THE TASK
From the records below, transcribe exactly the lines that begin at the line with "pub all_branch_ids : List String" and end at the line with "pub branch_retry_recoveries : ℕ", both included.

Saved entries:
========================================================================
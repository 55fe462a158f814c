-- ===== src/Search/Depth.antt =====
-- src/sts2_training/decision/beam_search.py: _emulate_depth_batch, which simulates the items of one
-- depth in chunks and repeats those that do not resolve in fresh Branches. The server, the clock and
-- the name of the n-th Branch are parameters.
pub mod Chunks
pub mod Conserved
pub mod Recorded
pub mod Attempts
pub mod Live
mod Tests
use sts2_training.Base.{
  ◌≡◌, ℕ, zero, suc, ◌+◌, ◌==◌, leb, String, Bool, true, false, not, ◌&&◌, ◌||◌, Option, none, some,
  List, [], ◌∷◌, ◌++◌, length, take, drop, map, if◌then◌else◌,
}
use sts2_training.Json.{Fields, Value, str, lookup, as_mapping}
use sts2_training.Api.Errors.{Exc}
use sts2_training.Audit.Record.{set_field}
use sts2_training.Search.Scope.{is_resolved}
use sts2_training.Search.Frontier.{Item, smaller}

-- How a call of emulate_actions ends: with the results by Branch, with a rejection, which says whether
-- the client is unusable after it and gives the reason to report, or with another exception.
pub data Reply : Type 0 where
  answered : Fields → Reply
  rejected : Bool → Exc → String → Reply
  failed : Exc → Reply

pub record Server (E : Type 0) : Type 0 where
  -- is there time left before the deadline?
  pub in_time : E → Bool × E
  pub emulate : E → List Fields → Reply × E
  -- BranchIdAllocator.next_branch_id, by its counter
  pub branch_name : ℕ → String

-- an item with its place among the items of the depth
abbrev pub Placed : Type 0 → Type 0
Placed S = ℕ × Item S

-- what the loops change: the server, the allocator, the lists and the statistics
pub record Depth (E S : Type 0) : Type 0 where
  pub server : E
  pub branch_counter : ℕ
  pub all_branch_ids : List String
  pub final_results : List (String × Option Value)
  pub final_meta : List (Placed S)
  pub branches_created : ℕ
  pub branch_retry_faults : ℕ
  pub branch_retry_recoveries : ℕ

-- How the chunks of an attempt end: with the items to repeat, with a reason to stop, or raising.
pub data Ending (S : Type 0) : Type 0 where
  retries : List (Placed S) → Ending S
  stopped : String → Ending S
  raised : Exc → Ending S

-- _is_resolved_branch_result
abbrev pub resolves_mapping : Option Fields → Bool
resolves_mapping none = false
resolves_mapping (some result) = is_resolved result

abbrev pub resolves : Option Value → Bool
resolves none = false
resolves (some v) = resolves_mapping (as_mapping v)

abbrev pub ending_of : {S : Type 0} → Bool → Exc → String → Ending S
ending_of true e detail = raised e
ending_of false e detail = stopped detail

-- the chunks of a list, of at most so many items; the fuel is the length of the list
abbrev pub chunks_of : {S : Type 0} → ℕ → ℕ → List (Placed S) → List (List (Placed S))
chunks_of zero size ps = []
chunks_of (suc fuel) size [] = []
chunks_of (suc fuel) size (p ∷ ps) = take size (p ∷ ps) ∷ chunks_of fuel size (drop size (p ∷ ps))

-- the metas by their places
abbrev pub insert_placed : {S : Type 0} → Placed S → List (Placed S) → List (Placed S)
insert_placed p [] = p ∷ []
insert_placed p (q ∷ qs) =
    let later = insert_placed p qs in if leb p.0 q.0 then p ∷ q ∷ qs else q ∷ later

-- ordered_final_meta
abbrev pub ordered_final_meta : {S : Type 0} → List (Placed S) → List (Placed S)
ordered_final_meta [] = []
ordered_final_meta (p ∷ ps) = insert_placed p (ordered_final_meta ps)

-- the items with their places
abbrev pub placed_from : {S : Type 0} → ℕ → List (Item S) → List (Placed S)
placed_from place [] = []
placed_from place (x ∷ xs) = (place, x) ∷ placed_from (suc place) xs

-- the size of a batch, with the server's limit
abbrev pub batch_size : ℕ → Option ℕ → ℕ
batch_size size none = size
batch_size size (some limit) = smaller size limit

module _ {E S : Type 0} where
  abbrev pub finish : Placed S → Option Value → Depth E S → Depth E S
  finish p result d = record d {
    final_results = (p.1.branch_id, result) ∷ d.final_results;
    final_meta = p ∷ d.final_meta;
  }

  abbrev pub recover : Bool → Depth E S → Depth E S
  recover again d =
      if again then (record d { branch_retry_recoveries = suc d.branch_retry_recoveries }) else d

  -- the loop over the items of a chunk; the flags: is this a repetition, and is it the last attempt?
  abbrev pub sort_out :
      Bool → Bool → Fields → List (Placed S) → Depth E S → List (Placed S) × Depth E S
  sort_out again last results [] d = ([], d)
  sort_out again last results (p ∷ ps) d =
      let result = lookup p.1.branch_id results in
      let resolved = sort_out again last results ps (recover again (finish p result d)) in
      let given_up = sort_out again last results ps (finish p result d) in
      let repeated = sort_out again last results ps d in
      if resolves result then resolved else if last then given_up else (p ∷ repeated.0, repeated.1)

  abbrev pub note_created : List (Placed S) → Depth E S → Depth E S
  note_created chunk d = record d {
    all_branch_ids = d.all_branch_ids ++ map (λ p. p.1.branch_id) chunk;
    branches_created = d.branches_created + length chunk;
  }

  abbrev pub add_retries : List (Placed S) → Ending S × Depth E S → Ending S × Depth E S
  add_retries ps (retries qs, d) = (retries (ps ++ qs), d)
  add_retries ps (e, d) = (e, d)

  abbrev pub after_reply :
      Bool
      → Bool
      → List (Placed S)
      → (Depth E S → Ending S × Depth E S)
      → Reply
      → Depth E S
      → Ending S × Depth E S
  after_reply again last chunk rest (failed e) d = (raised e, d)
  after_reply again last chunk rest (rejected unusable e detail) d =
      (ending_of unusable e detail, d)
  after_reply again last chunk rest (answered results) d =
      let (ps, f) = sort_out again last results chunk (note_created chunk d) in
      add_retries ps (rest f)

  abbrev pub with_server : E → Depth E S → Depth E S
  with_server e d = record d { server = e }

  module _ (server : Server E) where
    abbrev pub emulate_chunk :
        Bool
        → Bool
        → List (Placed S)
        → (Depth E S → Ending S × Depth E S)
        → Bool
        → Depth E S
        → Ending S × Depth E S
    emulate_chunk again last chunk rest false d = (stopped "time_budget", d)
    emulate_chunk again last chunk rest true d =
        let (reply, e) = server.emulate d.server (map (λ p. p.1.payload) chunk) in
        after_reply again last chunk rest reply (with_server e d)

    -- the loop over the chunks of an attempt
    abbrev pub run_chunks : Bool → Bool → List (List (Placed S)) → Depth E S → Ending S × Depth E S
    run_chunks again last [] d = (retries [], d)
    run_chunks again last (chunk ∷ chunks) d =
        let (timely, e) = server.in_time d.server in
        emulate_chunk again last chunk (run_chunks again last chunks) timely (with_server e d)

    -- _make_retry_item
    unfoldable pub make_retry_item : Placed S → Depth E S → Placed S × Depth E S
    make_retry_item (place, item) d =
        let id = server.branch_name (suc d.branch_counter) in
        (
          (
            place,
            record item { branch_id = id; payload = set_field "branch_id" (str id) item.payload },
          ),
          record d { branch_counter = suc d.branch_counter },
        )

    abbrev pub make_retry_items : List (Placed S) → Depth E S → List (Placed S) × Depth E S
    unfolding make_retry_item
    make_retry_items [] d = ([], d)
    make_retry_items (p ∷ ps) d =
        let (q, f) = make_retry_item p d in let (qs, g) = make_retry_items ps f in (q ∷ qs, g)

  abbrev pub count_faults : List (Placed S) → Depth E S → Depth E S
  count_faults ps d = record d { branch_retry_faults = d.branch_retry_faults + length ps }

  abbrev pub fresh_depth : Depth E S → Depth E S
  fresh_depth d = record d { final_results = []; final_meta = [] }

  module _ (server : Server E) where
    -- what follows the chunks of an attempt that was not the last
    abbrev pub after_attempt :
        (List (Placed S) → Depth E S → Ending S × Depth E S)
        → Ending S
        → Depth E S
        → Ending S × Depth E S
    after_attempt next (retries []) d = (retries [], d)
    after_attempt next (retries (p ∷ ps)) d =
        let (qs, f) = make_retry_items server (p ∷ ps) (count_faults (p ∷ ps) d) in next qs f
    after_attempt next e d = (e, d)

    -- the loop over the attempts, with those that are left after this one
    abbrev pub attempt : ℕ → ℕ → Bool → List (Placed S) → Depth E S → Ending S × Depth E S
    attempt size zero again ps d = run_chunks server again true (chunks_of (length ps) size ps) d
    attempt size (suc left) again ps d =
        let (e, f) = run_chunks server again false (chunks_of (length ps) size ps) d in
        after_attempt (attempt size left true) e f

    -- _emulate_depth_batch, with one attempt and the given number of further ones
    unfoldable pub emulate_depth_batch :
        ℕ → Option ℕ → ℕ → List (Item S) → Depth E S → Ending S × Depth E S
    emulate_depth_batch max_batch_size limit further items d =
        attempt (batch_size max_batch_size limit) further false (placed_from 0 items)
          (fresh_depth d)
========================================================================
ANSWER SPACE
  pub all_branch_ids : List String
  pub final_results : List (String × Option Value)
  pub final_meta : List (Placed S)
  pub branches_created : ℕ
  pub branch_retry_faults : ℕ
  pub branch_retry_recoveries : ℕ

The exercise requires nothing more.